I’m sure you have your own ordinary pleasures—the coffee and the sunflowers, the Honeycrisp apples and pumpkin donuts. Such things are the small graces we often overlook in the shadows of the larger moments of our lives, but I’ve come to believe that, like Emily, such will be the blessings we’ll miss the most. We’ll miss, to borrow from Raymond Carver, the small, good things. The baker at the end of that remarkable Carver story, serves the grieving parents some of his hot rolls, and he says to them, “Eating is a small, good thing at a time like this.” We’re all looking for the small, good things that give us comfort and pleasure in what can often be a frightening, ugly world. Don’t forget that your characters are doing the same. Don’t forget to look at what sustains them in their darkest hours. Make space for new-ironed dresses and hot baths. Their inclusion alongside your characters’ troubles will make their plights more deeply felt. The small, good things are precious because they can be fleeting and so easily lost.

 

 

10 Comments

  1. Cathy on September 13, 2021 at 9:32 am

    This is so true, that it’s the seemingly little things that matter. Since I’ve had some family members die recently, and have been separated by distance from others, I realize that it’s their smile that I miss, their laugh, or maybe the twinkle in their eyes, or that arm around my shoulder.

    • Lee Martin on September 13, 2021 at 12:35 pm

      Cathy, thank you so much for sharing this. I’m so sorry that you’ve lost loved ones recently or have been separated from others. May your memories comfort you.

  2. Wendy on September 14, 2021 at 11:28 am

    This is so lovely.

    • Lee Martin on September 14, 2021 at 11:48 am

      Thank you for reading my blog, Wendy, and for taking the time to leave this comment.

  3. Maureen Mistry on September 14, 2021 at 1:00 pm

    🤗🤗 An eye opener. Thank you for sharing.

    • Lee Martin on September 21, 2021 at 11:52 am

      Thank you for your comment, Maureen!

  4. Hung Dao on September 22, 2021 at 1:43 pm

    Thank you for sharing your wisdom. The little things matter the most because they make up for the larger things in life. If you can’t enjoy the little, simplest things, then how can you enjoy the bigger things? It wouldn’t make the bigger things worth the wait if you can’t simply enjoy the smaller things in life. Life is unexpected and especially, tomorrow isn’t promised. Everybody should live life to the fullest and leave no stones unturned.

    • Lee Martin on September 22, 2021 at 4:17 pm

      This is so well-said. Thank you so much for sharing these thoughts.

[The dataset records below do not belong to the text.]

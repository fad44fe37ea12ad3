-- ===== src/Points/Levels.antt =====
-- internal/models/models.go: XPForLevelUp and LevelFromXP. Levels are 1 to 100, so that the cost of a
-- level is far from the bounds of an int.
use magic_jigsaw.Prelude.{
  sym, subst, ap, ℕ, zero, suc, ◌+◌, ◌-◌, ◌*◌, ◌^◌, ◌≡◌, ◌≤◌, ◌<◌, ◌⊎◌, inl, inr, ℤ, pos, int_lt,
  int_sub, leb, refl, arith, Bool-cases, false, if◌then◌else◌,
}

abbrev pub max_level : ℕ
max_level = 100

abbrev pub xp_base : ℕ
xp_base = 100

unfoldable pub xp_for_level_up : ℕ → ℕ
xp_for_level_up level = if leb max_level level then 0 else xp_base * level * level

-- The loop of LevelFromXP from `level` on, with `n` levels left below the highest.
unfoldable pub climb : ℕ → ℕ → ℤ → ℕ × ℤ
climb zero level remaining = (level, remaining)
climb (suc n) level remaining =
    let above = climb n (level + 1) (int_sub remaining (pos (xp_for_level_up level))) in
    if int_lt remaining (pos (xp_for_level_up level)) then (level, remaining) else above

-- The level, the XP into it, and the XP for the next one.
unfoldable pub level_from_xp : ℤ → ℕ × ℤ × ℕ
level_from_xp xp =
    let (level, remaining) = climb (max_level - 1) 1 xp in (level, remaining, xp_for_level_up level)

-- What the first `n` level-ups cost together.
abbrev pub total_xp : ℕ → ℕ
total_xp zero = 0
total_xp (suc n) = total_xp n + xp_for_level_up (suc n)

-- The level that the loop reaches from the level `start + 1` with `x` XP left, and `into` of them left
-- there.
pub record Reaches (start x level into : ℕ) : Type 0 where
  pub below : ℕ
  pub level_is : level ≡ suc below
  pub least : start ≤ below
  pub most : level ≤ max_level
  pub spent : total_xp below + into ≡ total_xp start + x
  pub short : (level ≡ max_level) ⊎ (into < xp_for_level_up level)

int_sub_small : (a b : ℕ) → b ≤ a → a < 2 ^ 63 → int_sub (pos a) (pos b) ≡ pos (a - b)
int_sub_small a b h s = ground arith

climb-step :
    (n k x : ℕ)
    → xp_for_level_up (suc k) ≤ x
    → x < 2 ^ 63
    → int_lt (pos x) (pos (xp_for_level_up (suc k))) ≡ false
    → climb (suc n) (suc k) (pos x) ≡ climb n (suc (suc k)) (pos (x - xp_for_level_up (suc k)))
unfolding climb
climb-step n k x enough s t =
    rw (t, int_sub_small x (xp_for_level_up (suc k)) enough s)
      (ap (λ l. climb n l (pos (x - xp_for_level_up (suc k)))) (omega arith))

climb-Reaches :
    (n k x : ℕ)
    → suc k + n ≡ 100
    → x < 2 ^ 63
    → (into : ℕ) × ((climb n (suc k) (pos x)).1 ≡ pos into)
      × Reaches k x (climb n (suc k) (pos x)).0 into
unfolding climb
climb-Reaches zero k x e s = (
  x,
  refl,
  record {
    below = k;
    level_is = refl;
    least = omega arith;
    most = omega (arith, e);
    spent = refl;
    short = inl (omega (arith, e));
  },
)
climb-Reaches (suc n) k x e s = elim (Bool-cases (int_lt (pos x) (pos (xp_for_level_up (suc k))))) [
  | inl t ↦ rw t (
    x,
    refl,
    record {
      below = k;
      level_is = refl;
      least = omega arith;
      most = omega (arith, e);
      spent = refl;
      short = inr (ground (arith, t));
    },
  )
  | inr t ↦
      let enough : xp_for_level_up (suc k) ≤ x = ground (arith, t) in
      let (into, is, r) =
        climb-Reaches n (suc k) (x - xp_for_level_up (suc k)) (omega (arith, e))
          (omega (arith, s)) in
      subst (λ (v : ℕ × ℤ). (into : ℕ) × (v.1 ≡ pos into) × Reaches k x v.0 into)
        (sym (climb-step n k x enough s t))
        (
          into,
          is,
          record {
            below = r.below;
            level_is = r.level_is;
            least = omega (arith, r.least);
            most = r.most;
            spent = omega (arith, r.spent, enough);
            short = r.short;
          },
        )
]

-- LevelFromXP of XP that are not negative and fit an int: the level is 1 to 100, the XP are what the
-- level-ups below it cost together and the XP into it, these do not cover the next level-up unless the
-- level is 100, and the last result is what XPForLevelUp says of the level.
pub level_from_xp_lem :
    (x : ℕ)
    → x < 2 ^ 63
    → let (level, remaining, next) = level_from_xp (pos x) in
      (into : ℕ) × (remaining ≡ pos into) × Reaches 0 x level into × (next ≡ xp_for_level_up level)
unfolding level_from_xp
level_from_xp_lem x s =
    let (into, is, r) = climb-Reaches 99 0 x (omega arith) s in (into, is, r, refl)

  5. Joy Gaines-Friedler on March 9, 2022 at 5:32 am

    I think this is why I write poetry. Maybe it has to do with why I was a photographer for twenty years. Because I have a passion for the moment – to capture the moment. A successful lyrical poem captures a moment – whether it be yesterday, today, or long ago – a successful poem is itself a metaphor and a metaphor borrows from the world. In other words – that ceramic lamp I love so much, that fell and broke, and the way my husband pieced it back together for me, and how I love its wound because of that, and still use it in all its imperfection is the poem I just now – thinking of your posting Lee – the poem I want to write.

    • Lee Martin on March 9, 2022 at 11:11 am

      Joy, we were just talking about this last night in my fiction workshop–what the photographer Henri Cartier-Bresson called “The Decisive Moment”–the exact moment to close the shutter and capture the image. The end of a good story is very much like the lyric poem in this regard. We know when to end the story, and it’s usually when something opposite rises to the surface and we capture it.